# Mitstreiter gesucht: Expedition Sudan im Herbst 2015



## tomsen83 (15. Januar 2015)

*Expedition Sudan im Herbst 2015-Mitstreiter gesucht*

Mahlzeit!
Ich und ein Bekannter sind zur Zeit in der Planung für einen einmaligen Trip zum Poppern, jiggen und Flatfischen in Sudan im Oktober diesen Jahres. Hierfür suchen wir noch zwei verrückte Mitangler. Darum geht es:

www.wildseafishingexpeditions.com

Angedacht sind zehn Tage non stop fischen mit Leben und schlafen an Board. Die Jungs, die die Sache veranstalten sind extrem fit und wissen definitiv was sie tun. Die Reise startet in Port Sudan und geht dann runter Richtung Eritrea. Die Region ist fast jungfräulich in Bezug auf das angeln und somit sind Abwechslung und eine hohe Bissfrequenz fast garantiert 

Die Flüge gehen immer Montags und Freitags von Dubai nach Port Sudan, daher die Reisedauer.
Die Kosten belaufen sich auf ca. 2000€ inkl. Verpflegung und soft Drinks. Dazu kommen noch 250$ für Visa, dann noch Trinkgeld und alkoholische Getränke an Board.
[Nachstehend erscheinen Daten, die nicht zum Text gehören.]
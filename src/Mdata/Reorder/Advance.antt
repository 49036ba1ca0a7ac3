-- ===== src/Mdata/Reorder/Advance.antt =====
-- The branch of `ReorderBuffer.Add` for a point ahead of the newest, and the invariant.
use native.Mathlib.Nat.{mod-eq_of_lt}
use metrictank.Common.{
  ℕ, ◌+◌, ◌-◌, ◌*◌, ◌/◌, ◌%◌, ◌≤◌, ◌<◌, ◌≡◌, ◌≢◌, ◌⊎◌, refl, ap, ◌∙◌, List, [], length, set, arith,
  length-set, get_or-set_self, get_or-set_ne, dec_lt, ℕ_discrete, subst,
}
use metrictank.Common.Words.{u32_mod}
use metrictank.Common.Ring.{round_position}
use metrictank.Schema.{Point}
use metrictank.Mdata.Reorder.{
  ReorderBuffer, at, cap, zero_point, purge, advance, flush_count, index_of,
}
use metrictank.Mdata.Reorder.Window.{length-purge, purge_untouched, purge_cleared}
use metrictank.Mdata.Reorder.Invariant.{
  newest_ts, Placed, IsValid, div-lt, flush_count-cases, index_of-lt, position_bucket,
}

-- A slot that the purge left: its point is in the window of the newer timestamp too.
still-Placed :
    (rob : ReorderBuffer) (ts f i : ℕ)
    → IsValid rob
    → newest_ts rob / rob.interval ≤ ts / rob.interval
    → f ≤ cap rob
    → (f ≡ cap rob) ⊎ (newest_ts rob / rob.interval + f ≡ ts / rob.interval)
    → i < cap rob
    → let left = (purge f ((rob.newest + 1) % cap rob) rob.buf []).1 in
      (at left i).ts ≢ 0 → Placed rob.interval (cap rob) ts i (at left i).ts
still-Placed rob ts f i v le fl place h ne =
    let (m, lo, hi, e) = round_position (cap rob) (rob.newest + 1) i v.nonempty in
    let slot : m % cap rob ≡ i = e ∙ mod-eq_of_lt h in
    elim (dec_lt m (rob.newest + 1 + f)) [
      | yes gone ↦
          absurd (ne (rw (← slot) (purge_cleared f (rob.newest + 1) m rob.buf [] fl lo gone)))
      | no kept ↦
          let same : at (purge f ((rob.newest + 1) % cap rob) rob.buf []).1 i ≡ at rob.buf i =
            rw (← slot) (purge_untouched f (rob.newest + 1) m rob.buf [] (omega arith) hi) in
          rw same (moved m (v.slots i h (rw same at ne)) (rw same at ne) slot (omega arith) hi)
    ]
  where
    moved :
        (m : ℕ)
        → Placed rob.interval (cap rob) (newest_ts rob) i (at rob.buf i).ts
        → (at rob.buf i).ts ≢ 0
        → m % cap rob ≡ i
        → rob.newest + 1 + f ≤ m
        → m < rob.newest + 1 + cap rob
        → Placed rob.interval (cap rob) ts i (at rob.buf i).ts
    moved m pl ne slot lo hi = record {
      aligned = pl.aligned;
      in_slot = pl.in_slot;
      le_top = omega arith;
      in_window = omega (arith, around);
    }
      where
        around :
            (at rob.buf i).ts / rob.interval + cap rob
            ≡ newest_ts rob / rob.interval + (m - rob.newest)
        around = rw slot at (position_bucket rob m v (omega arith) hi (rw slot ne))

pub advance-IsValid :
    (rob : ReorderBuffer) (ts val : ℕ)
    → IsValid rob
    → ts / rob.interval * rob.interval ≡ ts
    → ts < u32_mod
    → newest_ts rob < ts
    → IsValid (advance rob ts val).1
unfolding advance
advance-IsValid rob ts val v al lt newer = record {
  interval_pos = v.interval_pos;
  nonempty = rw len v.nonempty;
  fits = rw len v.fits;
  newest_bounded = rw top lt;
  newest_slot = rw (top, len) refl;
  newest_aligned = rw top al;
  slots = λ i h ne. rw (top, len) (placed i (rw (← len) h) ne);
}
  where
    p : Point
    p = record { val = val; ts = ts }

    fs :
        (0 < flush_count rob ts)
        × (flush_count rob ts ≤ cap rob)
        × ((flush_count rob ts ≡ cap rob)
            ⊎ (newest_ts rob / rob.interval + flush_count rob ts ≡ ts / rob.interval))
    fs = flush_count-cases rob ts v al lt newer

    left : List Point
    left = (purge (flush_count rob ts) ((rob.newest + 1) % cap rob) rob.buf []).1

    index : ℕ
    index = index_of rob ts

    len_left : length left ≡ cap rob
    len_left = length-purge (flush_count rob ts) ((rob.newest + 1) % cap rob) rob.buf []

    len : length (set left index p) ≡ cap rob
    len = length-set left index p ∙ len_left

    at_index : at (set left index p) index ≡ p
    at_index = get_or-set_self left index p zero_point (rw len_left (index_of-lt rob ts v.nonempty))

    top : newest_ts (advance rob ts val).1 ≡ ts
    top = ap (λ (x : Point). x.ts) at_index

    placed :
        (i : ℕ)
        → i < cap rob
        → (at (set left index p) i).ts ≢ 0
        → Placed rob.interval (cap rob) ts i (at (set left index p) i).ts
    placed i h ne = elim (ℕ_discrete index i) [
      | yes e ↦
          subst (λ j. Placed rob.interval (cap rob) ts j (at (set left index p) j).ts) e
            (rw at_index (record {
              aligned = al;
              in_slot = refl;
              le_top = omega arith;
              in_window = omega (arith, v.nonempty);
            }))
      | no e ↦
          let same = get_or-set_ne left index i p zero_point e in
          rw same (
            still-Placed rob ts (flush_count rob ts) i v
              (omega (arith, div-lt rob.interval (newest_ts rob) ts v.newest_aligned al newer)) fs.1
              fs.2 h (rw same at ne))
    ]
Der Flug geht durchgängig mit Emirates und schlägt mit ca 800€ zu Buche. 
Wir präferieren aufgrund der Neumondphase den Reisezeitraum 5.-16.Oktober.
Das Mutterschiff wird von zwei kleineren Speedbooten begleitet, von denen aus das aktive fischen tagsüber betrieben wird. Abends kann gerne vom Mutterschiff vor Anker weiter geangelt werden (sofern der Körper noch nicht völlig übersäuert ist...)
Der ganze Trip ist körperlich sicher aufgrund des Klimas und der Angelei recht anspruchsvoll. Daher wollen wir auch ein wenig Abwechslung und gelegentlich das Watangeln mit einbeziehen.

Wer jetzt Interesse hat, bitte Info an mich. Ziel ist es, sich mal im Großraum Berlin bei nem Bier in die Augen zu schauen. 

Noch als kurze Anmerkung: Port Sudan ist safe und über 1000km von irgendwelchen Krisenherden entfernt. Don't worry.


----------